Because the tree grows toward each random point from the closest river or shore, it's extremely unlikely that you'd ever replicate South America, with most of the water draining to one side. This can be remedied by adding obstacles (click to enlarge):
Obstacles are defined as line segments which block line of sight between each randomly generated point and the tree. They manually specify some of the ridges on the terrain. Note that rivers will tend to cut quite close to the ends of the obstacles, so the obstacles don't represent just the highest parts of the ridges.
With my brute-force algorithm (coded in a couple of hours) the addition of obstacles slowed it down by a large amount that scales directly with the number of obstacle line segments.

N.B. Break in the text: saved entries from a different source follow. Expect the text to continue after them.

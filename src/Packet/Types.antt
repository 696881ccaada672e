-- ===== src/Packet/Types.antt =====
-- src/packet/types.rs: message numbers, disconnect reasons and the protocol's constants.
use swift_ssh.Prelude.{ℕ, Option, none, some, List, ascii, ◌==◌, if◌then◌else◌}

pub data MessageType : Type 0 where
  disconnect ignore unimplemented debug service_request service_accept : MessageType
  kex_init new_keys kex_ecdh_init kex_ecdh_reply : MessageType
  user_auth_request user_auth_failure user_auth_success user_auth_banner : MessageType
  global_request request_success request_failure channel_open : MessageType
  channel_open_confirmation channel_open_failure channel_window_adjust channel_data
        channel_extended_data :
      MessageType
  channel_eof channel_close channel_request channel_success channel_failure : MessageType

-- `msg_type as u8`
unfoldable pub as_u8 : MessageType → ℕ
as_u8 disconnect = 1
as_u8 ignore = 2
as_u8 unimplemented = 3
as_u8 debug = 4
as_u8 service_request = 5
as_u8 service_accept = 6
as_u8 kex_init = 20
as_u8 new_keys = 21
as_u8 kex_ecdh_init = 30
as_u8 kex_ecdh_reply = 31
as_u8 user_auth_request = 50
as_u8 user_auth_failure = 51
as_u8 user_auth_success = 52
as_u8 user_auth_banner = 53
as_u8 global_request = 80
as_u8 request_success = 81
as_u8 request_failure = 82
as_u8 channel_open = 90
as_u8 channel_open_confirmation = 91
as_u8 channel_open_failure = 92
as_u8 channel_window_adjust = 93
as_u8 channel_data = 94
as_u8 channel_extended_data = 95
as_u8 channel_eof = 96
as_u8 channel_close = 97
as_u8 channel_request = 98
as_u8 channel_success = 99
as_u8 channel_failure = 100

unfoldable pub from_u8 : ℕ → Option MessageType
from_u8 val =
    if val == 1
    then some disconnect
    else if val == 2
    then some ignore
    else if val == 3
    then some unimplemented
    else if val == 4
    then some debug
    else if val == 5
    then some service_request
    else if val == 6
    then some service_accept
    else if val == 20
    then some kex_init
    else if val == 21
    then some new_keys
    else if val == 30
    then some kex_ecdh_init
    else if val == 31
    then some kex_ecdh_reply
    else if val == 50
    then some user_auth_request
    else if val == 51
    then some user_auth_failure
    else if val == 52
    then some user_auth_success
    else if val == 53
    then some user_auth_banner
    else if val == 80
    then some global_request
    else if val == 81
    then some request_success
    else if val == 82
    then some request_failure
    else if val == 90
    then some channel_open
    else if val == 91
    then some channel_open_confirmation
    else if val == 92
    then some channel_open_failure
    else if val == 93
    then some channel_window_adjust
    else if val == 94
    then some channel_data
    else if val == 95
    then some channel_extended_data
    else if val == 96
    then some channel_eof
    else if val == 97
    then some channel_close
    else if val == 98
    then some channel_request
    else if val == 99
    then some channel_success
    else if val == 100
    then some channel_failure
    else none

-- The reasons of a disconnect message; no code sends one.
pub data DisconnectReason : Type 0 where
  host_not_allowed protocol_error key_exchange_failed reserved mac_error : DisconnectReason
  compression_error service_not_available protocol_version_not_supported : DisconnectReason
  host_key_not_verifiable connection_lost by_application too_many_connections : DisconnectReason
  auth_cancelled_by_user no_more_auth_methods_available illegal_user_name : DisconnectReason

-- `reason as u32`
unfoldable pub as_u32 : DisconnectReason → ℕ
as_u32 host_not_allowed = 1
as_u32 protocol_error = 2
as_u32 key_exchange_failed = 3
as_u32 reserved = 4
as_u32 mac_error = 5
as_u32 compression_error = 6
as_u32 service_not_available = 7
as_u32 protocol_version_not_supported = 8
as_u32 host_key_not_verifiable = 9
as_u32 connection_lost = 10
as_u32 by_application = 11
as_u32 too_many_connections = 12
as_u32 auth_cancelled_by_user = 13
as_u32 no_more_auth_methods_available = 14
as_u32 illegal_user_name = 15

abbrev pub ssh_version_string : List ℕ
ssh_version_string = ascii "SSH-2.0-SwiftSSH_0.1"

abbrev pub max_packet_size : ℕ
max_packet_size = 35000

abbrev pub min_padding : ℕ
min_padding = 4

abbrev pub max_padding : ℕ
max_padding = 255

abbrev pub aes_block_size : ℕ
aes_block_size = 16

abbrev pub hmac_sha256_size : ℕ
hmac_sha256_size = 32

abbrev pub default_window_size : ℕ
default_window_size = 2_097_152

abbrev pub default_max_packet_size : ℕ
default_max_packet_size = 32768
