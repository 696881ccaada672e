-- ===== src/Packet/Utf8.antt =====
-- `String::from_utf8` of the standard library, which accepts the well-formed byte sequences of the
-- Unicode standard's table 3-7. A `String` or `&str` of the code is a list of bytes that it accepts.
use swift_ssh.Prelude.{
  ℕ, ◌≡◌, Bool, true, false, ◌&&◌, Option, none, some, List, [], ◌∷◌, ◌++◌, ltb, leb, ◌==◌,
  if◌then◌else◌,
}

-- What the next byte may be: any first byte, one of `n` last continuation bytes, or the restricted
-- second byte after 0xE0, 0xED, 0xF0 or 0xF4.
pub data Expect : Type 0 where
  start one two three after_e0 after_ed after_f0 after_f4 : Expect

between : ℕ → ℕ → ℕ → Bool
between lo hi b = leb lo b && leb b hi

first_byte : ℕ → Option Expect
first_byte b =
    if ltb b 0x80
    then some start
    else if between 0xc2 0xdf b
    then some one
    else if b == 0xe0
    then some after_e0
    else if b == 0xed
    then some after_ed
    else if between 0xe1 0xef b
    then some two
    else if b == 0xf0
    then some after_f0
    else if between 0xf1 0xf3 b
    then some three
    else if b == 0xf4
    then some after_f4
    else none

-- `b` lies in the range, and `next` is expected behind it.
within : ℕ → ℕ → ℕ → Expect → Option Expect
within lo hi b next = if between lo hi b then some next else none

utf8_step : Expect → ℕ → Option Expect
unfolding first_byte within between
utf8_step start b = first_byte b
utf8_step one b = within 0x80 0xbf b start
utf8_step two b = within 0x80 0xbf b one
utf8_step three b = within 0x80 0xbf b two
utf8_step after_e0 b = within 0xa0 0xbf b one
utf8_step after_ed b = within 0x80 0x9f b one
utf8_step after_f0 b = within 0x90 0xbf b two
utf8_step after_f4 b = within 0x80 0x8f b two

utf8_from : Option Expect → List ℕ → Bool
utf8_from none bs = false
utf8_from (some start) [] = true
utf8_from (some e) [] = false
utf8_from (some e) (b ∷ bs) = utf8_from (utf8_step e b) bs

unfoldable pub is_utf8 : List ℕ → Bool
unfolding utf8_from utf8_step
is_utf8 bs = utf8_from (some start) bs

-- A text of the code: a `String`, a `&str`.
abbrev pub IsUtf8 : List ℕ → Type 0
IsUtf8 bs = is_utf8 bs ≡ true

utf8_from-append :
    (e : Option Expect) (xs ys : List ℕ)
    → utf8_from e xs ≡ true
    → IsUtf8 ys
    → utf8_from e (xs ++ ys) ≡ true
unfolding utf8_from is_utf8
utf8_from-append none xs ys hx hy = cc
utf8_from-append (some start) [] ys hx hy = hy
utf8_from-append (some one) [] ys hx hy = cc
utf8_from-append (some two) [] ys hx hy = cc
utf8_from-append (some three) [] ys hx hy = cc
utf8_from-append (some after_e0) [] ys hx hy = cc
utf8_from-append (some after_ed) [] ys hx hy = cc
utf8_from-append (some after_f0) [] ys hx hy = cc
utf8_from-append (some after_f4) [] ys hx hy = cc
utf8_from-append (some e) (b ∷ xs) ys hx hy = utf8_from-append (utf8_step e b) xs ys hx hy

-- Texts can be joined.
pub append-IsUtf8 : (xs ys : List ℕ) → IsUtf8 xs → IsUtf8 ys → IsUtf8 (xs ++ ys)
unfolding is_utf8
append-IsUtf8 xs ys hx hy = utf8_from-append (some start) xs ys hx hy

-- `String::from_utf8_lossy`: U+FFFD stands for each longest start of a character that does not go on.
abbrev replacement : List ℕ
replacement = 0xef ∷ 0xbf ∷ 0xbd ∷ []

-- A first byte: the text that it makes, and what it leaves open.
lossy_begin : ℕ → List ℕ × Expect × List ℕ
lossy_begin b = elim (first_byte b) [
  | none ↦ (replacement, start, [])
  | some start ↦ (b ∷ [], start, [])
  | some e ↦ ([], e, b ∷ [])
]

-- A byte behind the `pending` ones, which wait for it unless `e` is `start`.
lossy_step : Expect → List ℕ → ℕ → List ℕ × Expect × List ℕ
unfolding lossy_begin
lossy_step start pending b = lossy_begin b
lossy_step e pending b = elim (utf8_step e b) [
  | none ↦ let (text, next, left) = lossy_begin b in (replacement ++ text, next, left)
  | some start ↦ (pending ++ b ∷ [], start, [])
  | some next ↦ ([], next, pending ++ b ∷ [])
]

lossy_from : Expect → List ℕ → List ℕ → List ℕ
unfolding lossy_step
lossy_from start pending [] = []
lossy_from e pending [] = replacement
lossy_from e pending (b ∷ bs) =
    let (text, next, left) = lossy_step e pending b in text ++ lossy_from next left bs

unfoldable pub to_string_lossy : List ℕ → List ℕ
unfolding lossy_from first_byte utf8_step
to_string_lossy bs = lossy_from start [] bs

As the shape of the obstacles gets more mazelike, the algorithm will require drastically more iterations to fill in the tree, too, since it won't get line of sight to the inner portions for quite some time.

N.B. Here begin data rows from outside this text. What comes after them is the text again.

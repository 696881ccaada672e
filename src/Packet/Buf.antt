-- ===== src/Packet/Buf.antt =====
-- `SshBuf` of src/packet/codec.rs: the SSH wire types in a byte buffer.
-- A `Vec<u8>` is the list of its bytes, and a cursor is the list of the bytes that it has not read.
pub mod Laws
pub mod Names
pub mod Mpint
use swift_ssh.Prelude.{
  ℕ, zero, suc, ◌+◌, ◌*◌, ◌/◌, ◌%◌, ◌^◌, bit_and, Bool, true, false, not, Option, none, some, List,
  [], ◌∷◌, ◌++◌, length, take, drop, ltb, leb, ◌==◌, if◌then◌else◌,
}
use swift_ssh.Error.{SshResult, ok, err, msg, invalid_packet, ok_or, ◌>>=◌}
use swift_ssh.Packet.Types.{max_packet_size}
use swift_ssh.Packet.Utf8.{is_utf8}

-- `u32::to_be_bytes`, which `write_u32::<BigEndian>` writes.
unfoldable pub to_be_bytes : ℕ → List ℕ
to_be_bytes v = (v / 2 ^ 24 % 256) ∷ (v / 2 ^ 16 % 256) ∷ (v / 2 ^ 8 % 256) ∷ (v % 256) ∷ []

-- `read_u32::<BigEndian>` on a cursor; `none` is the end of the data.
unfoldable pub read_u32_be : List ℕ → Option (ℕ × List ℕ)
read_u32_be (a ∷ b ∷ c ∷ d ∷ rest) = some (a * 2 ^ 24 + b * 2 ^ 16 + c * 2 ^ 8 + d, rest)
read_u32_be _ = none

-- `read_exact` into a buffer of `n` bytes.
unfoldable pub read_exact : ℕ → List ℕ → Option (List ℕ × List ℕ)
read_exact n cursor = if leb n (length cursor) then some (take n cursor, drop n cursor) else none

unfoldable pub write_string : List ℕ → List ℕ → List ℕ
write_string buf bytes = buf ++ (to_be_bytes (length bytes % 2 ^ 32) ++ bytes)

unfoldable pub write_utf8 : List ℕ → List ℕ → List ℕ
write_utf8 buf s = write_string buf s

-- `names.join(",")`
unfoldable pub join : List (List ℕ) → List ℕ
join [] = []
join (n ∷ []) = n
join (n ∷ m ∷ ns) = n ++ (b',' ∷ join (m ∷ ns))

unfoldable pub write_name_list : List ℕ → List (List ℕ) → List ℕ
write_name_list buf names = let joined = join names in write_utf8 buf joined

unfoldable pub write_bool : List ℕ → Bool → List ℕ
write_bool buf val = buf ++ (if val then 1 else 0) ∷ []

unfoldable pub write_u32 : List ℕ → ℕ → List ℕ
write_u32 buf val = buf ++ to_be_bytes val

unfoldable pub write_u8 : List ℕ → ℕ → List ℕ
write_u8 buf val = buf ++ val ∷ []

-- `&val[pos..]` for the first byte that is not zero, `&[0]` if there is none.
unfoldable pub stripped : List ℕ → List ℕ
stripped [] = 0 ∷ []
stripped (b ∷ bs) = if b == 0 then stripped bs else b ∷ bs

-- `stripped[0] & 0x80 != 0`
unfoldable pub high_bit_set : List ℕ → Bool
high_bit_set [] = false
high_bit_set (b ∷ bs) = not (bit_and b 0x80 == 0)

unfoldable pub write_mpint : List ℕ → List ℕ → List ℕ
write_mpint buf val =
    let s = stripped val in
    if high_bit_set s
    then buf ++ (to_be_bytes ((length s + 1) % 2 ^ 32) ++ 0 ∷ s)
    else buf ++ (to_be_bytes (length s % 2 ^ 32) ++ s)

unfoldable pub read_string : List ℕ → SshResult (List ℕ × List ℕ)
read_string cursor = do
  (len, c) ← ok_or (read_u32_be cursor) (invalid_packet (msg "Failed to read string length"))
  if ltb max_packet_size len
      then err (invalid_packet (msg "String too long"))
      else ok_or (read_exact len c) (invalid_packet (msg "Truncated string"))

unfoldable pub read_utf8 : List ℕ → SshResult (List ℕ × List ℕ)
read_utf8 cursor = do
  (bytes, c) ← read_string cursor
  if is_utf8 bytes then ok (bytes, c) else err (invalid_packet (msg "Invalid UTF-8 string"))

-- the first piece of `s.split(',')` takes the byte in front of it
abbrev push_front : ℕ → List (List ℕ) → List (List ℕ)
push_front b [] = (b ∷ []) ∷ []
push_front b (n ∷ ns) = (b ∷ n) ∷ ns

-- `s.split(',')`
unfoldable pub split : List ℕ → List (List ℕ)
split [] = [] ∷ []
split (b ∷ s) = if b == b',' then [] ∷ split s else push_front b (split s)

unfoldable pub split_names : List ℕ → List (List ℕ)
split_names [] = []
split_names (b ∷ s) = split (b ∷ s)

unfoldable pub read_name_list : List ℕ → SshResult (List (List ℕ) × List ℕ)
read_name_list cursor = do (s, c) ← read_utf8 cursor; ok (split_names s, c)

-- `cursor.read_u8()`
unfoldable pub read_u8 : List ℕ → Option (ℕ × List ℕ)
read_u8 [] = none
read_u8 (b ∷ rest) = some (b, rest)

unfoldable pub read_bool : List ℕ → SshResult (Bool × List ℕ)
read_bool cursor = do
  (b, c) ← ok_or (read_u8 cursor) (invalid_packet (msg "Failed to read bool"))
  ok (not (b == 0), c)

unfoldable pub read_u32 : List ℕ → SshResult (ℕ × List ℕ)
read_u32 cursor = ok_or (read_u32_be cursor) (invalid_packet (msg "Failed to read u32"))

unfoldable pub read_mpint : List ℕ → SshResult (List ℕ × List ℕ)
read_mpint cursor = read_string cursor
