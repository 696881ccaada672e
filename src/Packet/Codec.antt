-- ===== src/Packet/Codec.antt =====
-- `SshPacket` of src/packet/codec.rs: the binary packet before encryption and without its MAC.
-- The random padding comes from `fill`: the bytes that `fill_bytes` puts into a buffer of that size.
pub mod Shape
pub mod RoundTrip
pub mod Frames
use swift_ssh.Prelude.{
  ℕ, ◌+◌, ◌-◌, ◌%◌, ◌^◌, max, Bool, List, [], ◌++◌, length, ltb, leb, ◌==◌, if◌then◌else◌,
}
use swift_ssh.Error.{
  SshResult, ok, err, panic, io, unexpected_eof, invalid_packet, msg, msg_num, ok_or, ◌>>=◌,
}
use swift_ssh.Packet.Types.{MessageType, as_u8, max_packet_size, min_padding}
use swift_ssh.Packet.Buf.{read_u32_be, read_u8, read_exact, write_u32, write_u8}

pub record SshPacket : Type 0 where
  pub msg_type : ℕ
  pub payload : List ℕ

-- `SshPacket::new`
unfoldable pub new : MessageType → List ℕ → SshPacket
new msg_type payload = record { msg_type = as_u8 msg_type; payload = payload }

-- The padding of a packet whose length would be `min_packet_len` with the least padding.
unfoldable pub padding_len : ℕ → ℕ → ℕ
padding_len block_size min_packet_len =
    let remainder = min_packet_len % block_size in
    if remainder == 0 then min_padding else min_padding + (block_size - remainder)

unfoldable pub serialize : (ℕ → List ℕ) → ℕ → SshPacket → SshResult (List ℕ)
serialize fill block_size' p =
    let block_size = max block_size' 8 in
    let payload_len = 1 + length p.payload in
    let padding = padding_len block_size (1 + payload_len + min_padding) in
    let packet_length = 1 + payload_len + padding in
    if ltb max_packet_size packet_length
    then err (invalid_packet (msg_num "Packet too large: {} bytes" packet_length))
    else ok (
        write_u8 (write_u8 (write_u32 [] (packet_length % 2 ^ 32)) (padding % 256)) p.msg_type
        ++ (p.payload ++ fill padding))

-- A difference of type usize that becomes the size of a `Vec`: below zero the subtraction aborts in a
-- debug build, and in a release build wraps around to a size that `vec!` panics at.
abbrev pub vec_size : ℕ → ℕ → SshResult ℕ
vec_size a b = if ltb a b then panic else ok (a - b)

-- behind the checks of the lengths: `read_u8` of the message number, and the rest of the payload
read_payload : ℕ → List ℕ → SshResult SshPacket
read_payload payload_length c = do
  (msg_type, c') ← ok_or (read_u8 c) (io unexpected_eof)
  size ← vec_size payload_length 1
  (payload, c'') ← ok_or (read_exact size c') (io unexpected_eof)
  ok (record { msg_type = msg_type; payload = payload })

-- behind the check that the packet is there
pub read_padded : ℕ → List ℕ → SshResult SshPacket
unfolding read_payload
read_padded packet_length c = do
  (padding_length, c') ← ok_or (read_u8 c) (io unexpected_eof)
  if leb packet_length padding_length
      then err (invalid_packet (msg "Invalid padding length"))
      else do
        payload_length ← vec_size packet_length (1 + padding_length)
        if payload_length == 0
            then err (invalid_packet (msg "Empty payload"))
            else read_payload payload_length c'

unfoldable pub deserialize : List ℕ → SshResult SshPacket
unfolding read_padded
deserialize bytes =
    if ltb (length bytes) 6 then err (invalid_packet (msg "Packet too short")) else do
      (packet_length, c) ← ok_or (read_u32_be bytes) (io unexpected_eof)
      if ltb max_packet_size packet_length
          then err (invalid_packet (msg_num "Packet length too large: {}" packet_length))
          else if ltb (length bytes) (4 + packet_length)
          then err (invalid_packet (msg "Incomplete packet data"))
          else read_padded packet_length c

I also did some experiments with RRTs on a grid, where tree edges are all oriented horizontally or vertically. It turns out to bear a strong resemblance to maze-generation algorithms in that context.
4 comments:
Your posts are always fascinating and inspiring, keep up the good work! :)

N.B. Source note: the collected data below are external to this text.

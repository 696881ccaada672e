-- ===== src/Auth.antt =====
-- src/auth/mod.rs: the user database and the authentication messages.
pub mod Users
pub mod Requests
pub mod Examples
use swift_ssh.Prelude.{
  is_some, ℕ, Bool, true, false, Option, none, some, List, [], ◌∷◌, ◌++◌, ascii, bytes_eq, ◌||◌,
  if◌then◌else◌,
}
use swift_ssh.Error.{SshResult, ok, err, auth_failed, msg_text, ◌>>=◌}
use swift_ssh.HashMap.{HashMap, bytes_key, get, insert}
use swift_ssh.Packet.Types.{
  MessageType, user_auth_request, user_auth_failure, user_auth_success, service_request,
  service_accept,
}
use swift_ssh.Packet.Buf.{
  write_string, write_utf8, write_bool, write_name_list, read_string, read_utf8, read_bool,
}
use swift_ssh.Packet.Codec.{SshPacket, new}

pub data Credential : Type 0 where
  password : List ℕ → Credential
  public_key : List ℕ → List ℕ → Option (List ℕ) → Credential

pub record UserDatabase : Type 0 where
  pub passwords : HashMap (List ℕ) (List ℕ)
  pub public_keys : HashMap (List ℕ) (List (List ℕ))

-- `UserDatabase::new`
unfoldable pub new_database : UserDatabase
new_database = record { passwords = []; public_keys = [] }

unfoldable pub add_password_user : UserDatabase → List ℕ → List ℕ → UserDatabase
add_password_user db username pass = record db { passwords = insert username pass db.passwords }

-- `entry(..).or_default()`
abbrev or_default : Option (List (List ℕ)) → List (List ℕ)
or_default none = []
or_default (some keys) = keys

unfoldable pub add_public_key : UserDatabase → List ℕ → List ℕ → UserDatabase
add_public_key db username key_blob = record db {
  public_keys =
      insert username (or_default (get username db.public_keys) ++ (key_blob ∷ [])) db.public_keys;
}

-- `.map(|p| p == password).unwrap_or(false)`
abbrev matches : Option (List ℕ) → List ℕ → Bool
matches none pass = false
matches (some p) pass = bytes_eq p pass

unfoldable pub verify_password : UserDatabase → List ℕ → List ℕ → Bool
verify_password db username pass = matches (get username db.passwords) pass

-- `keys.iter().any(|k| k == key_blob)`
abbrev pub any_key : List (List ℕ) → List ℕ → Bool
any_key [] key_blob = false
any_key (k ∷ keys) key_blob = bytes_eq k key_blob || any_key keys key_blob

abbrev authorizes : Option (List (List ℕ)) → List ℕ → Bool
authorizes none key_blob = false
authorizes (some keys) key_blob = any_key keys key_blob

unfoldable pub is_key_authorized : UserDatabase → List ℕ → List ℕ → Bool
is_key_authorized db username key_blob = authorizes (get username db.public_keys) key_blob

unfoldable pub build_password_auth_request : List ℕ → List ℕ → List ℕ → SshPacket
unfolding new
build_password_auth_request username service pass =
    let p1 = write_utf8 [] username in
    let p2 = write_utf8 p1 service in
    let p3 = write_utf8 p2 (ascii "password") in
    let p4 = write_bool p3 false in let p5 = write_utf8 p4 pass in new user_auth_request p5

-- `if let Some(sig) = signature { .. }`
unfoldable pub write_signature : List ℕ → Option (List ℕ) → List ℕ
write_signature buf none = buf
write_signature buf (some sig) = write_string buf sig

unfoldable pub build_pubkey_auth_request :
    List ℕ → List ℕ → List ℕ → List ℕ → Option (List ℕ) → SshPacket
unfolding new
build_pubkey_auth_request username service algorithm key_blob signature =
    let p1 = write_utf8 [] username in
    let p2 = write_utf8 p1 service in
    let p3 = write_utf8 p2 (ascii "publickey") in
    let p4 = write_bool p3 (is_some signature) in
    let p5 = write_utf8 p4 algorithm in
    let p6 = write_string p5 key_blob in new user_auth_request (write_signature p6 signature)

unfoldable pub build_auth_failure : List (List ℕ) → Bool → SshPacket
unfolding new
build_auth_failure methods partial_success =
    let p1 = write_name_list [] methods in
    let p2 = write_bool p1 partial_success in new user_auth_failure p2

unfoldable pub build_auth_success : SshPacket
unfolding new
build_auth_success = new user_auth_success []

unfoldable pub build_service_request : List ℕ → SshPacket
unfolding new
build_service_request service_name = new service_request (write_utf8 [] service_name)

unfoldable pub build_service_accept : List ℕ → SshPacket
unfolding new
build_service_accept service_name = new service_accept (write_utf8 [] service_name)

pub record AuthRequest : Type 0 where
  pub username : List ℕ
  pub service : List ℕ
  pub method : List ℕ
  pub credential : Credential

-- the signature is there if the flag says so
unfoldable pub read_signature : Bool → List ℕ → SshResult (Option (List ℕ) × List ℕ)
read_signature false c = ok (none, c)
read_signature true c = do (sig, c') ← read_string c; ok (some sig, c')

unfoldable pub read_password : List ℕ → SshResult Credential
read_password c = do (change, c1) ← read_bool c; (pass, c2) ← read_utf8 c1; ok (password pass)

unfoldable pub read_public_key : List ℕ → SshResult Credential
read_public_key c = do
  (has_sig, c1) ← read_bool c
  (algorithm, c2) ← read_utf8 c1
  (key_blob, c3) ← read_string c2
  (signature, c4) ← read_signature has_sig c3
  ok (public_key algorithm key_blob signature)

-- `match method.as_str()`
unfoldable pub read_credential : List ℕ → List ℕ → SshResult Credential
unfolding read_password read_public_key
read_credential method c =
    if bytes_eq method (ascii "password")
    then read_password c
    else if bytes_eq method (ascii "publickey")
    then read_public_key c
    else err (auth_failed (msg_text "Unsupported auth method: {}" method))

-- `AuthRequest::parse`
unfoldable pub parse : List ℕ → SshResult AuthRequest
parse payload = do
  (username, c1) ← read_utf8 payload
  (service, c2) ← read_utf8 c1
  (method, c3) ← read_utf8 c2
  credential ← read_credential method c3
  ok (record { username = username; service = service; method = method; credential = credential })
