-- ===== src/Auth/Users.antt =====
-- The user database: who is let in.
use swift_ssh.Prelude.{
  ℕ, ◌≡◌, refl, false, Option, none, some, List, [], ◌∷◌, ◌++◌, ◌||◌, bytes_eq, bytes_eq_iff,
  if◌then◌else◌, arith,
}
use swift_ssh.HashMap.{bytes_key, get, get-insert}
use swift_ssh.Auth.{
  UserDatabase, add_password_user, add_public_key, verify_password, is_key_authorized, any_key,
  or_default, authorizes,
}

-- After `add_password_user` that user is verified by exactly the new password; every other user as
-- before, and no key of anyone is touched.
pub verify_password-add_password_user :
    (db : UserDatabase) (u p v q k : List ℕ)
    → (verify_password (add_password_user db u p) v q
        ≡ (if bytes_eq v u then bytes_eq p q else verify_password db v q))
      × (is_key_authorized (add_password_user db u p) v k ≡ is_key_authorized db v k)
unfolding verify_password add_password_user is_key_authorized
verify_password-add_password_user db u p v q k =
    (rw (get-insert u v p db.passwords) (ground arith), refl)

any_key-append :
    (keys : List (List ℕ)) (k key : List ℕ)
    → any_key (keys ++ (k ∷ [])) key ≡ any_key keys key || bytes_eq k key
any_key-append [] k key = ground arith
any_key-append (x ∷ keys) k key = ground (arith, any_key-append keys k key)

authorizes_push :
    (o : Option (List (List ℕ))) (k key : List ℕ)
    → any_key (or_default o ++ (k ∷ [])) key ≡ authorizes o key || bytes_eq k key
authorizes_push none k key = ground arith
authorizes_push (some keys) k key = any_key-append keys k key

-- After `add_public_key` that user is authorized by the new key and by the keys of before; every
-- other user as before, and no password of anyone is touched.
pub is_key_authorized-add_public_key :
    (db : UserDatabase) (u k v key q : List ℕ)
    → (is_key_authorized (add_public_key db u k) v key ≡ (
        if bytes_eq v u
        then is_key_authorized db v key || bytes_eq k key
        else is_key_authorized db v key))
      × (verify_password (add_public_key db u k) v q ≡ verify_password db v q)
unfolding is_key_authorized add_public_key verify_password
is_key_authorized-add_public_key db u k v key q = (
  rw get-insert (ground (arith, authorizes_push (get u db.public_keys) k key, bytes_eq_iff v u)),
  refl,
)

-- An unknown user is let in by nothing.
pub unknown_user :
    (db : UserDatabase) (u p k : List ℕ)
    → get u db.passwords ≡ none
    → get u db.public_keys ≡ none
    → (verify_password db u p ≡ false) × (is_key_authorized db u k ≡ false)
unfolding verify_password is_key_authorized
unknown_user db u p k hp hk = (rw hp, rw hk)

What the next step on rrt will be?
Have you thought about using "soft" obstacles?
Something like line segments that does not block the line of sight completely, but simply double the distances calculated for paths that cross them.
It would get the trees to stay away from those, quite like the obstacles but sometimes, when the tree already got close to the obstacle, they would be able to cross it, like rivers would do on a terrain with low hills and a few valleys.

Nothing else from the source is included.